Constance et Frédérique, fondatrices de Calipige

L’entrepreneuriat est un état d’esprit contagieux, qu’il convient d’entourer de bienveillance, pour éviter qu’il ne devienne infectieux. Alors, quand les deux associés sont liés par le sang, tout semble couler de source. Portrait de Frédérique et Constance, fondatrices de la marque de maillots de bain Calipige, une histoire de sœurs et de cœur.

Après une enfance et adolescence passées dans les Antilles, les deux sœurs prennent un ticket pour la métropole. Elles s’assurent toutes les deux des fondations solides dans l’immobilier, avec un Master II Aménagements, Promotion, Construction pour Frédérique, et une spécialisation en Audit, Expertise et Conseil pour Constance. Ce mimétisme sous-jacent s’interrompt pour un temps, les sœurs entrant dans des entreprises concurrentes. Pendant deux ans, elles vont être au contact d’entrepreneurs passionnés à l’enthousiasme contagieux et aux idées visionnaires prodigieuses. L’envie d’entreprendre spécule doucement en elles. Leurs cellules grises à la manœuvre, les filles cherchent l’idée-socle sur laquelle leur projet futuriste se reposera. Le duo creuse jusqu’à trouver les réminiscences d’une passion commune enfouie, la mode.

Un jour de janvier 2014 et après deux années à côtoyer le génie civil, Frédérique et Constance repoussent les assauts de leur peur et embrassent le génie créatif. Les deux jeunes femmes deviennent architectes de leurs vies et le nouveau locataire de leurs pensées prend le doux nom de Calipige. Un clin d’œil à la Vénus grecque Callipyge, à deux nuances orthographiques près. Une liberté de caractères qui donne le ton et renvoie à la célèbre femme antique au péplos légèrement soulevé laissant entrevoir un postérieur tout en rondeur. Un nom qui ne laisse planer aucun doute quant à l’ambition de ce duo féminin : partir à l’abordage des beaux rivages en maillots de bain irrésistibles...

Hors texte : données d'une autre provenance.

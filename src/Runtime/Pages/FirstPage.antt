-- ===== src/Runtime/Pages/FirstPage.antt =====
-- An answer of which only the first page has arrived.
use vilan_peer.Base.{◌-◌}
use vilan_peer.Base.{
  ℕ, zero, suc, ◌<◌, ◌≡◌, refl, arith, List, some, load, false, take, length, ap, ◌∙◌, sym, subst,
  ◌==◌, if◌then◌else◌,
}
use vilan_peer.Model.Wire.{IpNet}
use vilan_peer.Model.Messages.{LinkInfo}
use vilan_peer.Runtime.State.{Runtime, Host}
use vilan_peer.Runtime.Pages.{
  page, page_count, responses, answers, local_links, new_cookie, same_cookie,
}
use vilan_peer.Runtime.Pages.Reassembly.{
  receive_all, receive_unknown, length-take_positive, pages_fit, nth,
}

page-first : (links : List LinkInfo) (left : ℕ) → page links (suc (suc left)) 0 ≡ take 50 links
page-first links left = ap (λ b. if b then links else take 50 links) inner
  where
    inner : (0 == suc (suc left) - 1) ≡ false
    inner = ground arith

-- What is held after the first page of an answer with more than one page.
pub receive_all-first_page :
    (host : Host) (net : IpNet) (own dst : ℕ) (r : Runtime)
    → 50 < length (local_links net host.arp_table)
    → same_cookie (load own r.link_info_req_cookie) (new_cookie host) ≡ false
    → load own (receive_all (take 1 (answers host net own dst)) r).link_infos
      ≡ some (take 50 (local_links net host.arp_table))
unfolding answers responses receive_all
receive_all-first_page host net own dst r many fresh = by_count (page_count (length links)) refl
  where
    links : List LinkInfo
    links = local_links net host.arp_table

    by_count :
        (count : ℕ)
        → count ≡ page_count (length links)
        → load own
            (receive_all
              (take 1 (responses own dst (new_cookie host) links count 0 count))
              r).link_infos
          ≡ some (take 50 links)
    by_count zero at = absurd (ground (arith, at, pages_fit (length links)))
    by_count (suc zero) at = absurd (omega (arith, at, pages_fit (length links)))
    by_count (suc (suc left)) at =
        (receive_unknown (nth links own dst (new_cookie host) (suc (suc left)) 0) r positive
          fresh).1
        ∙ ap some (page-first links left)
      where
        positive : 0 < length (page links (suc (suc left)) 0)
        positive =
            subst (λ l. 0 < length l) (sym (page-first links left))
              (length-take_positive 49 links (omega arith))
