-- ===== src/Runtime/Send/Guards.antt =====
-- When the service sends a request to the server, and when it refuses to.
use vilan_peer.Base.{ℕ, ◌≡◌, ◌⊎◌, inl, inr, refl, subst, sym, ap, ◌∙◌, true, false, [], ◌∷◌, ◌++◌}
use vilan_peer.Base.{Bool-cases, none, some, String, if◌then◌else◌}
use vilan_peer.Model.Messages.{Config, PeerFrame, PeerBody}
use vilan_peer.Runtime.State.{Runtime, Host, Reply, failed, done, Error, not_connected, unconnected}
use vilan_peer.Runtime.State.{no_handler, sent, emit}
use vilan_peer.Runtime.Send.{
  guarded, on_channel, frame, write_body, send_auth_request, send_un_auth, send_ping, send_config,
}
use vilan_peer.P2p.Connect.{clear_map}
use vilan_peer.Runtime.Send.{send_group_peers_request, send_peer_links_request}

-- The state is as before, and the call has failed.
abbrev pub Refuses : Runtime → Runtime × Reply → Type 0
Refuses r x = (e : Error) × (x ≡ (r, failed e))

guarded-Refuses :
    (send : ℕ → Runtime → Runtime) (r : Runtime)
    → (not_connected r ≡ true) ⊎ (r.server_sock.handler ≡ none)
    → Refuses r (guarded send r)
guarded-Refuses send r (inl e) = (unconnected, rw e refl)
guarded-Refuses send r (inr e) = elim (Bool-cases (not_connected r)) [
  | inl down ↦ (unconnected, rw down refl)
  | inr up ↦ (no_handler, rw up (ap (λ o. on_channel send o r) e))
]

-- Without a connection, or without a channel, every request to the server fails and leaves the
-- service as it was: nothing is sent, no known peer is forgotten, no caller waits.
pub requests-Refuses :
    (host : Host) (r : Runtime) (group : String) (mac : ℕ) (conf : Config) (caller : ℕ)
    → (not_connected r ≡ true) ⊎ (r.server_sock.handler ≡ none)
    → Refuses r (send_auth_request host r)
      × Refuses r (send_un_auth r)
      × Refuses r (send_ping host r)
      × Refuses r (send_group_peers_request group r)
      × Refuses r (send_peer_links_request mac r)
      × Refuses r (send_config conf caller r)
unfolding send_auth_request send_un_auth send_ping send_group_peers_request send_peer_links_request
    send_config
requests-Refuses host r group mac conf caller h = (
  guarded-Refuses _ r h,
  guarded-Refuses _ r h,
  guarded-Refuses _ r h,
  guarded-Refuses _ r h,
  guarded-Refuses _ r h,
  guarded-Refuses _ r h,
)

-- One frame on channel `h` with the peer's address and token, and no error.
abbrev pub SendsOne : ℕ → Runtime → Runtime × Reply → Type 0
SendsOne h r x =
    (x.1 ≡ done)
    × (m : PeerFrame) × (m.peer_mac ≡ r.config.tap_config.hw_mac)
    × (m.token ≡ r.server_sock.token)
    × (x.0.log ≡ r.log ++ (sent h m ∷ []))

abbrev pub Connected : ℕ → Runtime → Type 0
Connected h r = (not_connected r ≡ false) × (r.server_sock.handler ≡ some h) × (r.running ≡ true)

guarded_sends :
    (send : ℕ → Runtime → Runtime) (r : Runtime) (h : ℕ)
    → Connected h r
    → guarded send r ≡ (send h r, done)
guarded_sends send r h (up, e, run) = rw up (ap (λ o. on_channel send o r) e)

write_body-log :
    (body : PeerBody) (r : Runtime) (h : ℕ)
    → r.running ≡ true
    → write_body body h r ≡ emit (sent h (frame body r)) r
write_body-log body r h run = ap (λ b. if b then emit (sent h (frame body r)) r else r) run

SendsOne-guarded :
    (send : ℕ → Runtime → Runtime) (r : Runtime) (h : ℕ)
    → Connected h r
    → SendsOne h r (send h r, done)
    → SendsOne h r (guarded send r)
SendsOne-guarded send r h up one = subst (SendsOne h r) (sym (guarded_sends send r h up)) one

SendsOne-write :
    (body : PeerBody) (r t : Runtime) (h : ℕ)
    → r.running ≡ true
    → t ≡ write_body body h r
    → SendsOne h r (t, done)
SendsOne-write body r t h run e =
    (refl, frame body r, refl, refl, ap (λ u. u.log) (e ∙ write_body-log body r h run))

-- The request for the links of a peer is one frame, and no other change.
pub send_peer_links_request-emit :
    (mac : ℕ) (r : Runtime) (h : ℕ)
    → Connected h r
    → send_peer_links_request mac r ≡ (
      emit
          (sent h (
            frame
              (PeerBody.links_request
                record { src_mac = r.config.tap_config.hw_mac; dst_mac = mac })
              r))
          r,
      done,
    )
unfolding send_peer_links_request
send_peer_links_request-emit mac r h (up, e, run) =
    guarded_sends _ r h (up, e, run) ∙ ap (λ t. (t, done)) (write_body-log _ r h run)

-- A running service with a connection and a channel to the server sends one frame on that channel
-- for each request, with its own address and the token of its registration.
pub requests-SendsOne :
    (r : Runtime) (h : ℕ) (group : String) (mac : ℕ) (conf : Config) (caller : ℕ)
    → not_connected r ≡ false
    → r.server_sock.handler ≡ some h
    → r.running ≡ true
    → SendsOne h r (send_un_auth r)
      × SendsOne h r (send_group_peers_request group r)
      × SendsOne h r (send_peer_links_request mac r)
      × SendsOne h r (send_config conf caller r)
unfolding send_un_auth send_group_peers_request send_peer_links_request send_config
requests-SendsOne r h group mac conf caller up e run = (
  SendsOne-guarded _ r h (up, e, run) (SendsOne-write _ r _ h run refl),
  SendsOne-guarded _ r h (up, e, run)
      (
        refl,
        _,
        refl,
        refl,
        ap (λ u. u.log)
            (write_body-log _ (record r { group_peers = clear_map r.group_peers }) h run),
      ),
  SendsOne-guarded _ r h (up, e, run) (SendsOne-write _ r _ h run refl),
  SendsOne-guarded _ r h (up, e, run)
      (refl, _, refl, refl, ap (λ u. u.log) (write_body-log (PeerBody.config conf) r h run)),
)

L’épargne familiale et la Banque publique d’investissement de la Martinique leur apportent le soutien financier nécessaire. Pour sortir le haut de l’eau et se distinguer dans la marée de marques déjà bien ancrées, les jeunes femmes proposent des maillots de bain adaptés aux quatre morphologies féminines, A, V, H et X. Des lettres classiques qui s’avèrent capitales pour sublimer les corps. Les lignes architecturales d'hier deviennent dès lors sculpturales et les volumes jouent les équilibristes sur les courbes des femmes pour une silhouette harmonieuse. Le justaucorps devient juste corps. Les naïades des caraïbes sont à la recherche des courbes parfaites. Frédérique et Constance dessinent elles-mêmes chacun des modèles puis les transmettent à leur modéliste pour éditer les fiches techniques et patronages, étape indispensable à la fabrication. Les tissus sont sélectionnés avec le plus grand soin, en provenance d’Italie ou de France, des pays reconnus pour être entourés d’un littoral paradisiaque.Le duo s’entoure d’un façonnier, dont les mains expertes travaillent déjà pour Eres et Céline. Leurs créations séduisent les femmes et, par ricochet, les grands magasins parisiens.

En 2017, après le bleu de l’eau, le duo s’attaque au gris du bitume. Frédérique et Constance se lancent dans le prêt-à-porter. Chemises, pantalons, shorts, robes etc., leur première collection recense les indispensables du vestiaire féminin. Elles reprennent le crédo qui a fait le succès de leurs maillots pour un mariage terre/mer des plus harmonieux. Une collection confectionnée en France qui fait la part belle aux détails : un col lavallière, des manches endimanchées, ou encore des nœuds élégants. Elles lancent une campagne de financement participatif au printemps 2017 et récoltent plus de 20 000€. Un matelas confortable pour lancer la production.

Calipige fait écho à la féminité, à l’élégance, à l’intemporalité. Les femmes s’émancipent dans un corps à corps désormais bienveillant avec leur miroir.